I think it has to do with authenticity. (I am agreeing with Roman, but include verifiable
provenance here.) When an Apache Project makes convenience binaries from a specific source
code release and declares them authentic via release-manager control (even though not a source
code release), via code signing via Apache committer signatures, including the release manager's,
using and arranging publication of appropriately named files for download in some manner while
housing the integrity hashes and signatures on secure Apache infrastructure, I would say that
is an Apache [Convenience] Binary Distribution.  Any release notes and support information
about those identified binary distributions are about those and not anything else.  There
is clear provenance that such distributions are specifically provided for public use by the
Apache Project and that the Apache Project will stand behind them in an appropriate manner.
 (Take bug reports against the binaries, deal with security vulnerabilities, no matter their
origin in the Apache source code, etc.)

 - Dennis

-----Original Message-----
From: [] On Behalf Of Roman Shaposhnik
Sent: Thursday, August 6, 2015 17:51
Subject: Re: apache binary distributions

On Thu, Aug 6, 2015 at 1:15 AM, Jochen Theodorou <> wrote:
[ ... ]
 if PMC produced a release then binary convenience
artifacts are easy: anything that corresponds to that release *could*
be considered an official binary convenience artifact for the release
(see my point above on 3d part vs. PMCs actually producing these

IOW, what makes a binary convenience artifact an official ASF
artifact is not whether it got designated as such, but whether it
corresponds to an official source release produced by the PMC.
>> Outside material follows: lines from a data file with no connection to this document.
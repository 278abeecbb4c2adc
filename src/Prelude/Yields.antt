-- ===== src/Prelude/Yields.antt =====
-- Calls that keep a property of the state, and what they give when they succeed.
use mathlib.Core.Path.{◌≡◌, refl}
use mathlib.Core.List.{List, [], ◌∷◌, Memᴰ}
use nebari_infrastructure_co.Prelude.Lists.{All}
use nebari_infrastructure_co.Prelude.Results.{Result, ok, err}
use nebari_infrastructure_co.Prelude.State.{M, ◌>>=◌, lift, wrap_call, continue, rewrap}

pub All-of_Mem {ℓ κ} :
    {A : Type ℓ} (Q : A → Type κ) (xs : List A) → ((x : A) → Memᴰ x xs → Q x) → All Q xs
All-of_Mem Q [] h = tt
All-of_Mem Q (x ∷ xs) h = (h x (Memᴰ.head refl), All-of_Mem Q xs (λ y m. h y (Memᴰ.tail m)))

abbrev pub Anything : Unit {0} → Type 0
Anything x = Unit

module _ {S : Type 0} (P : S → Type 0) where
  abbrev pub Gives : {E A : Type 0} → (A → Type 0) → Result E A × S → Type 0
  Gives {A} Q r = P r.1 × ((a : A) → r.0 ≡ ok a → Q a)

  abbrev pub Yields : {E A : Type 0} → (A → Type 0) → M S E A → Type 0
  Yields Q m = (s : S) → P s → Gives Q (m s)

  continue-Gives :
      {E A B : Type 0} {Q : A → Type 0} {R : B → Type 0} (r : Result E A × S) (f : A → M S E B)
      → Gives Q r
      → ((a : A) → Q a → Yields R (f a))
      → Gives R (continue r f)
  continue-Gives (ok a, s) f (kept, given) h = h a (given a refl) s kept
  continue-Gives (err e, s) f (kept, given) h = (kept, λ b k. absurd (cc))

  pub >>=-Yields :
      {E A B : Type 0} {Q : A → Type 0} {R : B → Type 0} (m : M S E A) (f : A → M S E B)
      → Yields Q m
      → ((a : A) → Q a → Yields R (f a))
      → Yields R (m >>= f)
  >>=-Yields m f first h s kept = continue-Gives (m s) f (first s kept) h

  rewrap-Gives :
      {E F A : Type 0} {Q : A → Type 0} (g : F → E) (r : Result F A × S)
      → Gives Q r
      → Gives Q (rewrap g r)
  rewrap-Gives g (ok a, s) (kept, given) = (kept, λ b k. given b (cc k))
  rewrap-Gives g (err e, s) (kept, given) = (kept, λ b k. absurd (cc))

  pub wrap_call-Yields :
      {E F A : Type 0} {Q : A → Type 0} (g : F → E) (m : M S F A)
      → Yields Q m
      → Yields Q (wrap_call g m)
  wrap_call-Yields g m h s kept = rewrap-Gives g (m s) (h s kept)

  pub lift-Yields :
      {E A : Type 0} {Q : A → Type 0} (r : Result E A)
      → ((a : A) → r ≡ ok a → Q a)
      → Yields {E = E} Q (lift r)
  lift-Yields r h s kept = (kept, h)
> Same for links for example to docker image distribution servers...
> or let's say a link to an ubuntu package. On the other hand you
> can put disclaimers on the pages stating they are not official...

But they are. If they correspond to an official release.

> Then again nightly builds should be ok, if they will have the
> same disclaimer?

No. Nightly builds are special precisely because they don't
correspond to an official source release.

> Or is it ok if the nightly build comes from
> non-apache?

It is ok, but at that point it becomes 3d party artifact and as
such can't be promoted as part of ASF project.

> If that is ok, then why does the release document
> not say this and is instead very strict about not promoting anything
> even beyond the dev-list? It does not make sense for me and I
> am going in circles here.

Perhaps the source of confusion is that ironically PMCs are *more*
constrained in what they can do compared to 3dparty. They do get
the Apache Branding rights in return for those constraints, though.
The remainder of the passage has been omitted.